Chaka Khan is one of most distinct personalities on American scene in seventies and eighties. Her career in entertainment was spectacular sequence of successes while her style encloses various styles of pop, jazz, funk, soul, disco and R&B which became her basic genre assignment. She was leading vocalist of Rufus band from the very beginning in 1973 to the last album Stompin’ At the Savoy – Live ten years later. Simultaneously from 1978 she was publishing her own albums. Her first solo album Chaka with Michael and Randy Bracker, David Sanborn, Airto Moreira, George Benson, Anthony Jackson, Whitney Huston, Luther Vandross and large group of session musicians exploded as an instant success. Opening song I’m Every Woman became Chaka Khan’s hallmark hit. The same year she was featured performer of Stuff Like That by Quincy Jones and next year she recorded with Ry Cooder for his Bop Till You Drop album.

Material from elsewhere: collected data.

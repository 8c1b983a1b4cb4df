-- ===== src/Interop/Answer.antt =====
-- The Server answers a Request, and the Client takes the answer: hzl_ServerProcessReceived on the
-- Request, hzl_ClientProcessReceivedResponse on the Response.
use hazelnet.Base.{
  zero, suc, ℕ, ◌+◌, ◌≤◌, ◌<◌, ◌≡◌, ◌≢◌, refl, sym, ap, ◌∙◌, false, arith, List, [], ◌∷◌, length,
  take, some, replicate,
}
use hazelnet.Base.Wire.{take_all}
use hazelnet.Endian.{encode_le24, decode_le24, encode_le64}
use hazelnet.Endian.RoundTrip.{decode_le24-encode_le24}
use hazelnet.Err.{Err, ok, is_ok, is_ok-ok, is_ok_iff}
use hazelnet.Header.{Header, header_len, header_unpack}
use hazelnet.Header.RoundTrip.{Fits, unpack-pack_exact}
use hazelnet.Message.{
  CbsPduMsg, RxSduMsg, zero_pdu, zero_sdu, check_received_generic_msg, process_received_unsecured,
}
use hazelnet.Payload.{max_ctrnonce}
use hazelnet.Platform.{Platform, Io, AeadLaws, HashLaws, current_time}
use hazelnet.Utils.{is_all_zeros, non_zero_trng}
use hazelnet.Server
use hazelnet.Server.Group.{update_current_rx_last_message_instant}
use hazelnet.Server.Receive
use hazelnet.Server.Receive.{server_process_received}
use hazelnet.Server.Request.{
  validate_sid_and_gid, client_ltk, build_msg_response, process_received_request, res_header,
}
use hazelnet.Client
use hazelnet.Client.Build.{req_header}
use hazelnet.Client.Group.{find_group, is_response_acceptable}
use hazelnet.Client.Response.{process_received_response, establish_session}
use hazelnet.Interop.Request.{
  GivesBytes, nonce, request_wire, length-request_wire, request_wire-nonce, request_wire-checked,
  nonce-not-zero,
}
use hazelnet.Interop.Response.{
  response_wire, response_wire-client, response_wire-ctrnonce, decrypt_stk-response_wire,
}

validate-io :
    (ctx : Server.ServerCtx) (io : Io) (gid sid : ℕ)
    → validate_sid_and_gid (record ctx { io = io }) gid sid ≡ validate_sid_and_gid ctx gid sid
unfolding validate_sid_and_gid
validate-io ctx io gid sid = refl

-- Bytes behind the length do not matter to the Server.
take-take : (xs : List ℕ) (n : ℕ) → take n (take n xs) ≡ take n xs
take-take xs zero = refl
take-take [] (suc n) = refl
take-take (x ∷ xs) (suc n) = ap (λ (l : List ℕ). x ∷ l) (take-take xs n)

module _ (p : Platform) where
  dispatch-cut :
      (pdu : CbsPduMsg) (sdu : RxSduMsg) (ctx : Server.ServerCtx) (xs : List ℕ) (len : ℕ)
      (hdr : Header) (now : ℕ)
      → Receive.dispatch p pdu sdu ctx (some xs) len hdr now
        ≡ Receive.dispatch p pdu sdu ctx (some (take len xs)) len hdr now
  unfolding Receive.dispatch process_received_unsecured
  dispatch-cut pdu sdu ctx xs len hdr now = rw (take-take xs len) refl

  pub server-cut :
      (pdu : CbsPduMsg) (sdu : RxSduMsg) (ctx : Server.ServerCtx) (xs : List ℕ) (len can_id : ℕ)
      → server_process_received p false false pdu sdu ctx (some xs) len can_id
        ≡ server_process_received p false false pdu sdu ctx (some (take len xs)) len can_id
  unfolding server_process_received check_received_generic_msg
  server-cut pdu sdu ctx xs len can_id = rw (take-take xs len) (
      ground (
        arith,
        dispatch-cut zero_pdu (record zero_sdu { can_id = can_id })
            (record ctx { io = (current_time p ctx.io).2 }) xs len
            (header_unpack ctx.server_config.header_type (take len xs)) (current_time p ctx.io).1,
      ))

module _ (p : Platform) (laws : HashLaws p.ascon) (config : Client.ClientConfig) (gid : ℕ) (io : Io)
    (fits : Fits config.header_type (req_header config gid)) (own_sid : config.sid ≢ 0)
    (not_type1 : config.header_type ≢ 1) (gid_kept : config.header_type ≡ 2 → gid ≡ 0)
    (server : Server.ServerCtx) (same_type : server.server_config.header_type ≡ config.header_type)
    (same_ltk : client_ltk server config.sid ≡ config.ltk) where
  abbrev request : List ℕ
  request = request_wire p laws config gid io

  abbrev len : ℕ
  len = header_len config.header_type + 24

  whole : take len request ≡ request
  whole = take_all request len (sym (length-request_wire p laws config gid io fits.known))

  header-request : header_unpack config.header_type request ≡ req_header config gid
  header-request =
      unpack-pack_exact config.header_type (req_header config gid) _ fits
        (λ e. absurd (not_type1 e)) gid_kept

  check-request :
      check_received_generic_msg (some request) len 0 server.server_config.header_type
      ≡ (ok, some (req_header config gid))
  unfolding check_received_generic_msg
  check-request = rw (same_type, whole, header-request) (ground arith)

  -- The Group's state that the Request leaves, and the call that builds the Response.
  abbrev pub asked : Server.GroupState
  asked =
      update_current_rx_last_message_instant (current_time p server.io).1
        (Server.group_state server gid)

  abbrev pub answer : Err × Io × CbsPduMsg
  answer =
      build_msg_response p config.header_type gid asked config.ltk
        (encode_le64 (nonce p laws config gid io)) config.sid (current_time p server.io).2 zero_pdu

  process-request :
      GivesBytes p
      → (non_zero_trng p io (replicate 8 0) 8).0 ≡ ok
      → validate_sid_and_gid server gid config.sid ≡ ok
      → process_received_request p zero_pdu
          (record server { io = (current_time p server.io).2 })
          request
          len
          (req_header config gid)
          (current_time p server.io).1
        ≡ (answer.0, record (Server.put_state server gid asked) { io = answer.1 }, answer.2)
  unfolding process_received_request
  process-request bytes drew valid =
      rw
        (
          validated,
          same_type,
          same_ltk,
          request_wire-nonce p laws config gid io fits.known,
          nonce-not-zero p laws config gid io bytes drew,
          request_wire-checked p laws config gid io fits.known,
        )
        (ground (arith, is_ok-ok))
    where
      validated :
          validate_sid_and_gid (record server { io = (current_time p server.io).2 }) gid config.sid
          ≡ ok
      validated = validate-io server (current_time p server.io).2 gid config.sid ∙ valid

  -- The message reaches the function for Requests.
  reached :
      (pdu : CbsPduMsg) (sdu : RxSduMsg) (can_id : ℕ)
      → (server_process_received p false false pdu sdu server (some request) len can_id).0 ≡ ok
      → let result =
          server_process_received p false false pdu sdu server (some request) len can_id in
        let inner =
          process_received_request p zero_pdu
            (record server { io = (current_time p server.io).2 })
            request
            len
            (req_header config gid)
            (current_time p server.io).1 in
        (result.0 ≡ inner.0) × (result.1 ≡ inner.1) × (result.2 ≡ inner.2)
  unfolding server_process_received Receive.dispatch is_ok
  reached pdu sdu can_id = rw (check-request, whole) (λ h. ground arith)

  was_valid :
      (pdu : CbsPduMsg) (sdu : RxSduMsg) (can_id : ℕ)
      → (server_process_received p false false pdu sdu server (some request) len can_id).0 ≡ ok
      → validate_sid_and_gid server gid config.sid ≡ ok
  unfolding process_received_request
  was_valid pdu sdu can_id h = ground (
    arith,
    is_ok-ok,
    reached pdu sdu can_id h,
    validate-io server (current_time p server.io).2 gid config.sid,
    is_ok_iff (validate_sid_and_gid server gid config.sid),
  )

  -- A Request that the Server processes without an error is answered.
  pub request-answered :
      GivesBytes p
      → (non_zero_trng p io (replicate 8 0) 8).0 ≡ ok
      → (pdu : CbsPduMsg) (sdu : RxSduMsg) (can_id : ℕ)
      → (server_process_received p false false pdu sdu server (some request) len can_id).0 ≡ ok
      → let result =
          server_process_received p false false pdu sdu server (some request) len can_id in
        (answer.0 ≡ ok)
        × (result.1 ≡ record (Server.put_state server gid asked) { io = answer.1 })
        × (result.2 ≡ answer.2)
        × (validate_sid_and_gid server gid config.sid ≡ ok)
  request-answered bytes drew pdu sdu can_id h =
      ground (arith, reached pdu sdu can_id h, valid, process-request bytes drew valid)
    where
      valid : validate_sid_and_gid server gid config.sid ≡ ok
      valid = was_valid pdu sdu can_id h

-- The Client takes a Response that fits its outstanding Request.
module _ (p : Platform) (laws : AeadLaws p.ascon) (header_type gid : ℕ) (s : Server.GroupState)
    (req_nonce res_nonce : List ℕ) (client : Client.ClientCtx) (i now : ℕ) (known : header_type ≤ 6)
    (nonce_len : length res_nonce ≡ 8) (stk_full : length s.current_stk ≡ 16)
    (has_key : is_all_zeros s.current_stk ≡ false) (fresh : s.current_ctr_nonce < max_ctrnonce)
    (same_type : client.client_config.header_type ≡ header_type)
    (in_group : find_group client gid ≡ some i)
    (outstanding : encode_le64 (Client.group_state client i).request_nonce ≡ req_nonce)
    (acceptable : is_response_acceptable client.client_config.timeout_req_to_res_millis
        (Client.group_state client i)
        now
      ≡ ok) where
  abbrev answer_bytes : List ℕ
  answer_bytes =
      response_wire p laws header_type gid s client.client_config.ltk req_nonce
        client.client_config.sid res_nonce

  pub process-response :
      process_received_response p client answer_bytes
        (header_len header_type + 44)
        (res_header gid)
        now
      ≡ (
        ok,
        Client.put_state client i
            (establish_session (Client.group_state client i) s.current_stk s.current_ctr_nonce now),
      )
  unfolding process_received_response
  process-response =
      simp
        (
          same_type,
          response_wire-client p laws header_type gid s client.client_config.ltk req_nonce
              client.client_config.sid res_nonce known nonce_len stk_full,
          response_wire-ctrnonce p laws header_type gid s client.client_config.ltk req_nonce
              client.client_config.sid res_nonce known nonce_len stk_full,
          ctr,
          in_group,
          acceptable,
          has_key,
          decrypt_stk-response_wire p laws header_type gid s client.client_config.ltk req_nonce
              client.client_config.sid res_nonce known nonce_len stk_full client.client_config
              (Client.group_state client i).request_nonce same_type refl outstanding,
        )
        (ground (arith, is_ok-ok))
    where
      ctr : decode_le24 (encode_le24 s.current_ctr_nonce) ≡ s.current_ctr_nonce
      ctr = omega (arith, decode_le24-encode_le24 s.current_ctr_nonce)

Chaka Khan – I Feel For You (1984) |
Recorded in 1984 I Feel for You was sixth solo album of Chaka Khan and her first production after separating with Rufus band. Comparing this set of songs to her earlier records, it looks like artist was searching for wider and more elastic style with principle to last enough clear to be compatible to pop music but still deeply expressive. Solution she found was crossover somewhere between soul singing, jazz phrasing, popular dance rhythm intensity and density of big band orchestrations. Her new style sounded like it was strictly connected to songs of Prince and Stevie Wonder and shortly gave her position of a big star of pop and R&B in eighties. For almost decade pop charts appeared her new frontier.

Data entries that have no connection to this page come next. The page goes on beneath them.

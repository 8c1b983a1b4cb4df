-- ===== src/Interop/Drawn.antt =====
-- The Response of hzl_ServerProcessReceivedRequest.c under src/server with the nonce that it drew.
use hazelnet.Base.{
  ℕ, ◌+◌, ◌≤◌, ◌≡◌, sym, arith, List, [], ◌∷◌, length, take, write, slice, length-take, length-drop,
  drop,
}
use hazelnet.Base.Buffers.{length-write}
use hazelnet.Base.Fields.{concat, write-first, write-next}
use hazelnet.Endian.{encode_le24}
use hazelnet.Err.{Err, ok, is_ok-ok, is_ok_iff}
use hazelnet.Header.{header_len, header_pack}
use hazelnet.Header.RoundTrip.{length-header_pack}
use hazelnet.Message.{CbsPduMsg}
use hazelnet.Payload.{res_client_idx, res_ctrnonce_idx, res_resnonce_idx, res_resnonce_len}
use hazelnet.Platform.{Platform, Io, AeadLaws}
use hazelnet.Utils.{non_zero_trng}
use hazelnet.Utils.Trng.{length-non_zero_trng}
use hazelnet.Server
use hazelnet.Server.Request.{res_header, build_msg_response}
use hazelnet.Interop.Request.{small}
use hazelnet.Interop.Response.{response_wire, response_pdu-wire, length-encode_le24}

-- The Response that the Server builds on success, with the nonce that it drew.
module _ (p : Platform) (laws : AeadLaws p.ascon) (header_type gid : ℕ) (s : Server.GroupState)
    (ltk req_nonce : List ℕ) (sid : ℕ) (io : Io) (pdu : CbsPduMsg) (known : header_type ≤ 6)
    (stk_full : length s.current_stk ≡ 16) (full : length pdu.bytes ≡ 64) where
  abbrev unfilled : List ℕ
  unfilled = write pdu.bytes 0 (
      concat (
        header_pack header_type (res_header gid)
        ∷ (sid ∷ [])
        ∷ encode_le24 s.current_ctr_nonce
        ∷ []))

  abbrev pub draw : Err × List ℕ × Io
  draw =
      non_zero_trng p io
        (slice (header_len header_type + res_resnonce_idx) res_resnonce_len unfilled)
        res_resnonce_len

  abbrev pub response : List ℕ
  response = response_wire p laws header_type gid s ltk req_nonce sid draw.1

  hdr_len : header_len header_type ≡ length (header_pack header_type (res_header gid))
  hdr_len = sym (length-header_pack header_type (res_header gid) known)

  pub length-draw : length draw.1 ≡ 8
  length-draw = omega (
    arith,
    small header_type,
    length-non_zero_trng p io
        (slice (header_len header_type + res_resnonce_idx) res_resnonce_len unfilled)
        res_resnonce_len,
    length-take res_resnonce_len (drop (header_len header_type + res_resnonce_idx) unfilled),
    length-drop (header_len header_type + res_resnonce_idx) unfilled,
    length-write pdu.bytes 0 (
        concat (
          header_pack header_type (res_header gid)
          ∷ (sid ∷ [])
          ∷ encode_le24 s.current_ctr_nonce
          ∷ [])),
  )

  -- The buffer up to the counter nonce.
  begun :
      write
        (write
          (write pdu.bytes 0 (header_pack header_type (res_header gid)))
          (header_len header_type + res_client_idx)
          (sid ∷ []))
        (header_len header_type + res_ctrnonce_idx)
        (encode_le24 s.current_ctr_nonce)
      ≡ unfilled
  begun =
      rw
        (
          write-first pdu.bytes (header_pack header_type (res_header gid)),
          write-next pdu.bytes (header_pack header_type (res_header gid) ∷ []) (sid ∷ [])
              (header_len header_type + res_client_idx) (omega (arith, hdr_len)),
        )
        (write-next pdu.bytes (header_pack header_type (res_header gid) ∷ (sid ∷ []) ∷ [])
          (encode_le24 s.current_ctr_nonce) (header_len header_type + res_ctrnonce_idx)
          (omega (arith, hdr_len)))

  filled :
      write unfilled (header_len header_type + res_resnonce_idx) draw.1
      ≡ write pdu.bytes 0 (
          concat (
            header_pack header_type (res_header gid)
            ∷ (sid ∷ [])
            ∷ encode_le24 s.current_ctr_nonce
            ∷ draw.1
            ∷ []))
  filled =
      write-next pdu.bytes
        (header_pack header_type (res_header gid)
          ∷ (sid ∷ [])
          ∷ encode_le24 s.current_ctr_nonce
          ∷ [])
        draw.1 (header_len header_type + res_resnonce_idx)
        (omega (arith, hdr_len, length-encode_le24 s.current_ctr_nonce))

  pub build_msg_response-wire :
      (build_msg_response p header_type gid s ltk req_nonce sid io pdu).0 ≡ ok
      → let built = (build_msg_response p header_type gid s ltk req_nonce sid io pdu).2 in
        (built.data_len ≡ header_len header_type + 44)
        × (take (header_len header_type + 44) built.bytes ≡ response)
  unfolding build_msg_response
  build_msg_response-wire =
      rw (begun, filled)
        (λ h. ground (
          arith,
          is_ok-ok,
          is_ok_iff draw.0,
          response_pdu-wire p laws header_type gid s ltk req_nonce sid draw.1 known length-draw
              stk_full pdu.bytes full,
        ))
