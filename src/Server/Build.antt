-- ===== src/Server/Build.antt =====
-- src/server/hzl_ServerBuildSecuredFd.c, hzl_ServerBuildUnsecured.c and
-- hzl_ServerForceSessionRenewal.c: the messages that the user asks the Server for.
use hazelnet.Base.{
  ℕ, ◌+◌, ◌%◌, Bool, not, ◌&&◌, List, [], ◌∷◌, Option, leb, length, write, if◌then◌else◌,
}
use hazelnet.Endian.{encode_le24}
use hazelnet.Err.{Err, ok, is_ok, null_pdu, unknown_group, no_potential_receiver}
use hazelnet.Header.{Header, header_len, header_pack}
use hazelnet.Header.Pty
use hazelnet.Message.{
  CbsPduMsg, bytes_of, check_msg_before_packing, build_unsecured, aead_init_sadfd,
}
use hazelnet.Payload.{
  server_sid, sadfd_ctrnonce_idx, sadfd_ptlen_idx, sadfd_ctext_idx, sadfd_tag_idx, sadfd_tag_len,
  sadfd_payload_len, sadfd_metadata_in_payload_len,
}
use hazelnet.Platform.{Platform, aead_encrypt_update, aead_encrypt_finish}
use hazelnet.Server.{GroupState, ServerCtx, group_state, put_state, check_ctx_pointers}
use hazelnet.Server.Group.{
  incr_current_ctrnonce, renewal_phase_is_active, did_any_client_already_request,
}
use hazelnet.Server.Renewal.{renewal_phase_enter, build_msg_renewal}

abbrev pub sadfd_header : ℕ → Header
sadfd_header gid = record { gid = gid; sid = server_sid; pty = Pty.sadfd }

unfoldable pub server_build_unsecured :
    Bool → CbsPduMsg → ServerCtx → Option (List ℕ) → ℕ → ℕ → Err × CbsPduMsg
server_build_unsecured pdu_null pdu ctx user_data user_data_len group_id =
    let err = check_ctx_pointers ctx.nulls in
    if is_ok err
    then build_unsecured pdu_null pdu user_data user_data_len group_id server_sid
        ctx.server_config.header_type
    else (err, pdu)

module _ (p : Platform) where
  -- The message that `hzl_ServerBuildMsgSadfd` writes.
  unfoldable pub sadfd_pdu : ℕ → ℕ → GroupState → List ℕ → ℕ → CbsPduMsg → CbsPduMsg
  sadfd_pdu header_type gid s plaintext user_data_len pdu =
      let hdr_len = header_len header_type in
      let bytes = write pdu.bytes 0 (header_pack header_type (sadfd_header gid)) in
      let bytes = write bytes (hdr_len + sadfd_ctrnonce_idx) (encode_le24 s.current_ctr_nonce) in
      let bytes = write bytes (hdr_len + sadfd_ptlen_idx) (user_data_len % 256 ∷ []) in
      let aead =
        aead_init_sadfd p s.current_stk (sadfd_header gid) s.current_ctr_nonce
          (user_data_len % 256) in
      let (aead', front) = aead_encrypt_update p aead plaintext in
      let bytes = write bytes (hdr_len + sadfd_ctext_idx) front in
      let (back, tag) = aead_encrypt_finish p aead' sadfd_tag_len in
      let bytes = write bytes (hdr_len + sadfd_ctext_idx + length front) back in
      record {
        data_len = hdr_len + sadfd_payload_len user_data_len;
        bytes = write bytes (hdr_len + sadfd_tag_idx user_data_len) tag;
      }

  -- `hzl_ServerBuildMsgSadfd`
  unfoldable pub build_msg_sadfd :
      ℕ → ℕ → GroupState → Option (List ℕ) → ℕ → CbsPduMsg → Err × GroupState × CbsPduMsg
  build_msg_sadfd header_type gid s user_data user_data_len pdu = (
    ok,
    incr_current_ctrnonce s,
    sadfd_pdu header_type gid s (bytes_of user_data user_data_len) user_data_len pdu,
  )

  unfoldable pub server_build_secured_fd :
      Bool → CbsPduMsg → ServerCtx → Option (List ℕ) → ℕ → ℕ → Err × ServerCtx × CbsPduMsg
  server_build_secured_fd pdu_null pdu ctx user_data user_data_len group_id =
      if pdu_null
      then (null_pdu, ctx, pdu)
      else (let emptied : CbsPduMsg = record pdu { data_len = 0 } in
          let err = check_ctx_pointers ctx.nulls in
          if not (is_ok err)
          then (err, ctx, emptied)
          else (let header_type = ctx.server_config.header_type in
              let err =
                check_msg_before_packing user_data user_data_len group_id
                  sadfd_metadata_in_payload_len header_type in
              if not (is_ok err)
              then (err, ctx, emptied)
              else if leb ctx.server_config.amount_of_groups group_id
              then (unknown_group, ctx, emptied)
              else if not (did_any_client_already_request (group_state ctx group_id))
              then (no_potential_receiver, ctx, emptied)
              else (let (err, s, pdu') =
                    build_msg_sadfd header_type group_id (group_state ctx group_id) user_data
                      user_data_len emptied in
                  (err, put_state ctx group_id s, pdu'))))

  unfoldable pub server_force_session_renewal :
      Bool → CbsPduMsg → ServerCtx → ℕ → Err × ServerCtx × CbsPduMsg
  server_force_session_renewal pdu_null pdu ctx group_id =
      if pdu_null
      then (null_pdu, ctx, pdu)
      else (let emptied : CbsPduMsg = record pdu { data_len = 0 } in
          let err = check_ctx_pointers ctx.nulls in
          if not (is_ok err)
          then (err, ctx, emptied)
          else if leb ctx.server_config.amount_of_groups group_id
          then (unknown_group, ctx, emptied)
          else (let header_type = ctx.server_config.header_type in
              let s = group_state ctx group_id in
              let active = renewal_phase_is_active s in
              if not active && not (did_any_client_already_request s)
              then (no_potential_receiver, ctx, emptied)
              else if not active
              then (let (err, s', io') = renewal_phase_enter p ctx.io s in
                  let entered : ServerCtx = record (put_state ctx group_id s') { io = io' } in
                  if not (is_ok err)
                  then (err, entered, emptied)
                  else (let (err, s'', pdu') =
                        build_msg_renewal p header_type group_id s' emptied in
                      (err, put_state entered group_id s'', pdu')))
              else (let (err, s', pdu') = build_msg_renewal p header_type group_id s emptied in
                  (err, put_state ctx group_id s', pdu'))))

Success of this album came with three elements, beautifully written songs, powerful vocal parts of diverse expression and new sound structures. Thank to the state of the art electronic equipment and instruments like Synclavier, the most advanced synthesizer of the decade, new way of recording and organizing musical material and new vision of sound was totally different than before. The accompaniment is not organized in lineup anymore. Various instrumental parts are assembled more like in symphonic music which is different than rock and roll, pop or jazz groups traditions. We can hear even Stevie Wonder playing harmonica in tittle song. Producers carefully chose program with some covers of Prince and Burt Bacharach songs. And every element gives space for vocal extravaganza. Even after three decades of modern production in pop music, this record remains exceptional, it can amaze and is still worth of consideration.